━━━━━ Dataset content

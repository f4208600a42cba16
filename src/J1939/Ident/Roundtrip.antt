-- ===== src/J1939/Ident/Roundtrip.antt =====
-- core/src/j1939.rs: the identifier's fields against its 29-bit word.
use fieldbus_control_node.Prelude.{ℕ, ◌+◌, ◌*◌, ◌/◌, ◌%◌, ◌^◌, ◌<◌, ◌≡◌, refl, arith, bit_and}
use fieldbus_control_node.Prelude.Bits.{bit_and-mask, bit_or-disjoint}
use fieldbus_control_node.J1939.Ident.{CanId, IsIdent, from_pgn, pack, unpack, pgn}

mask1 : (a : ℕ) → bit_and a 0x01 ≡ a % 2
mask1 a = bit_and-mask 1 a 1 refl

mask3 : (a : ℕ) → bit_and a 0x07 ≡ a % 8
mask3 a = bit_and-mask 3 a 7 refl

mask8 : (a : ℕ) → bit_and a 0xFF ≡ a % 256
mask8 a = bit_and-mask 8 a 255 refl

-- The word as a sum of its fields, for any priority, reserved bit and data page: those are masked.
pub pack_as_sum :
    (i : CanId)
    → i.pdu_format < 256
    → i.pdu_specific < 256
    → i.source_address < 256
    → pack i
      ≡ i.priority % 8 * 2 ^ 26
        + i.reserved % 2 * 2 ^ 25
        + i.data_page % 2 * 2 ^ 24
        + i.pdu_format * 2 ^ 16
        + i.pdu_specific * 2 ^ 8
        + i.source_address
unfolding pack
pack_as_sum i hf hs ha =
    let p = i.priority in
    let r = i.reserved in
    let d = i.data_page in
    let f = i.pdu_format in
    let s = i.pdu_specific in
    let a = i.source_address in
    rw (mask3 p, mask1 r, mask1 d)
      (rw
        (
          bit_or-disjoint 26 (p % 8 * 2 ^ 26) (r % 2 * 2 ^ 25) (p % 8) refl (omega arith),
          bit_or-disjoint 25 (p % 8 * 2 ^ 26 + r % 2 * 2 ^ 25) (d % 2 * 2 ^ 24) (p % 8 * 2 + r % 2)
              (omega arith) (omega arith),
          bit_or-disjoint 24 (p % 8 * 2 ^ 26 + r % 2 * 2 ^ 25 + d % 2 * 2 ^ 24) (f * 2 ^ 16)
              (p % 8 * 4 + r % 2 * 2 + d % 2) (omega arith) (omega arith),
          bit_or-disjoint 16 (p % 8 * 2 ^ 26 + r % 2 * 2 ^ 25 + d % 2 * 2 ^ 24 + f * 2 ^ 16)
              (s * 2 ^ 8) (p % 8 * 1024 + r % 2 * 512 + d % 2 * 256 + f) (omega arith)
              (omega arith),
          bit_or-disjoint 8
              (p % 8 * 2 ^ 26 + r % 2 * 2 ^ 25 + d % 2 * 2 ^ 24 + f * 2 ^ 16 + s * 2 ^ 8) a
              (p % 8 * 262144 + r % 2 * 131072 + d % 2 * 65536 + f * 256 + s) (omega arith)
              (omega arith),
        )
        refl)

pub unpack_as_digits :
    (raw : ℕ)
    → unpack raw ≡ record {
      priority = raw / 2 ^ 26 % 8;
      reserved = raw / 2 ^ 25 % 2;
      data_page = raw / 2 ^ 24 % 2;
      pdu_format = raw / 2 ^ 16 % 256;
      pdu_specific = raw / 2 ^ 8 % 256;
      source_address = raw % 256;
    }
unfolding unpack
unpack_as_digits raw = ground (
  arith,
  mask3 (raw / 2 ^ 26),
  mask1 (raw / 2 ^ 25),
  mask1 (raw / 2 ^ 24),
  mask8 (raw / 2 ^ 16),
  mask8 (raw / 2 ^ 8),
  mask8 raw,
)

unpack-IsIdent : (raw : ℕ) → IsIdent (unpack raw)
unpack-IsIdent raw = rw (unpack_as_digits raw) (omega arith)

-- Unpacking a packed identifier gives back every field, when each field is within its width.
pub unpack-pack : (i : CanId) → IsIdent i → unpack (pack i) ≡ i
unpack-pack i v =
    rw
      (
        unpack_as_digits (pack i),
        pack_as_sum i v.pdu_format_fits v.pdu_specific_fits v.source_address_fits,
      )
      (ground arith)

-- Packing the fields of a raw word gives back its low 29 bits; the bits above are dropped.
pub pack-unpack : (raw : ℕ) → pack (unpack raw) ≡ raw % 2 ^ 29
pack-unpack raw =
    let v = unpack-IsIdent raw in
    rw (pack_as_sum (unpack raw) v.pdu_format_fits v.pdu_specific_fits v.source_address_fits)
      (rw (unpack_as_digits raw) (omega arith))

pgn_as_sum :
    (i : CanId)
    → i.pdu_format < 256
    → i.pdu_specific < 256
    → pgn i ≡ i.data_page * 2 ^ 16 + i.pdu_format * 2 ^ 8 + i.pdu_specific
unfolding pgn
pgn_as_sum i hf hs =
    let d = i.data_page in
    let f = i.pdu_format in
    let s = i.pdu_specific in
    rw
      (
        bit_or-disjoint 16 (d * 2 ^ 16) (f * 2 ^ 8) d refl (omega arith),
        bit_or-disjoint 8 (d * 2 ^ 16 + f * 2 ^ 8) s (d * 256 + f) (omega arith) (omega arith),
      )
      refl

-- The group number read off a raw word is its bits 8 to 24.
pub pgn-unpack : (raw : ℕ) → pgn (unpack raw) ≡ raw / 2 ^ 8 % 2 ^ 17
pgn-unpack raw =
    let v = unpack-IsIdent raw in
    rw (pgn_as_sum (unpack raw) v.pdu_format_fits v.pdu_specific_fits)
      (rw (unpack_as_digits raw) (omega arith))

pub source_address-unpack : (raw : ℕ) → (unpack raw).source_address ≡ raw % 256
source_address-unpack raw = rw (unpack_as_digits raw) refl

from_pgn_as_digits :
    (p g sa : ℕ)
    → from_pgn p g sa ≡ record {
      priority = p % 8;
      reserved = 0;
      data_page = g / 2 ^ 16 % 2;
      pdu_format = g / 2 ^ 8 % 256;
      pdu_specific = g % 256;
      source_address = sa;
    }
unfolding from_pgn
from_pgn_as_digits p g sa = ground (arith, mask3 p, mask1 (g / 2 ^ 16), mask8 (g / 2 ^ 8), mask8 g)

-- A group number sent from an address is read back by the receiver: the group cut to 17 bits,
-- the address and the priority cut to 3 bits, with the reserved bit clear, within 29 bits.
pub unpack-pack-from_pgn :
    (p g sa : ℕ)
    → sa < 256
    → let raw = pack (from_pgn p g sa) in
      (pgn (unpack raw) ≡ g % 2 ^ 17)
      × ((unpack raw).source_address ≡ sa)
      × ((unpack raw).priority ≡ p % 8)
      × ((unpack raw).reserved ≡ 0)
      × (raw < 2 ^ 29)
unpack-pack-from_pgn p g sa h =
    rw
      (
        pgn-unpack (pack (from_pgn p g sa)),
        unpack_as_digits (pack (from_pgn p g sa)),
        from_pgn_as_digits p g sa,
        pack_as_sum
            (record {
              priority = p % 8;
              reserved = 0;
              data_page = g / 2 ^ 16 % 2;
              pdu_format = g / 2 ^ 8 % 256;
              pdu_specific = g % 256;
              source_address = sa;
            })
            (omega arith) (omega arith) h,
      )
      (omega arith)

━━━━━━━━━━

Your goal ->
Only the lines above from the line containing "(pgn (unpack raw) ≡ g % 2 ^ 17)" through the line containing "pgn-unpack (pack (from_pgn" should be retyped, exactly and with both ends included.

Written solution ->
      (pgn (unpack raw) ≡ g % 2 ^ 17)
      × ((unpack raw).source_address ≡ sa)
      × ((unpack raw).priority ≡ p % 8)
      × ((unpack raw).reserved ≡ 0)
      × (raw < 2 ^ 29)
unpack-pack-from_pgn p g sa h =
    rw
      (
        pgn-unpack (pack (from_pgn p g sa)),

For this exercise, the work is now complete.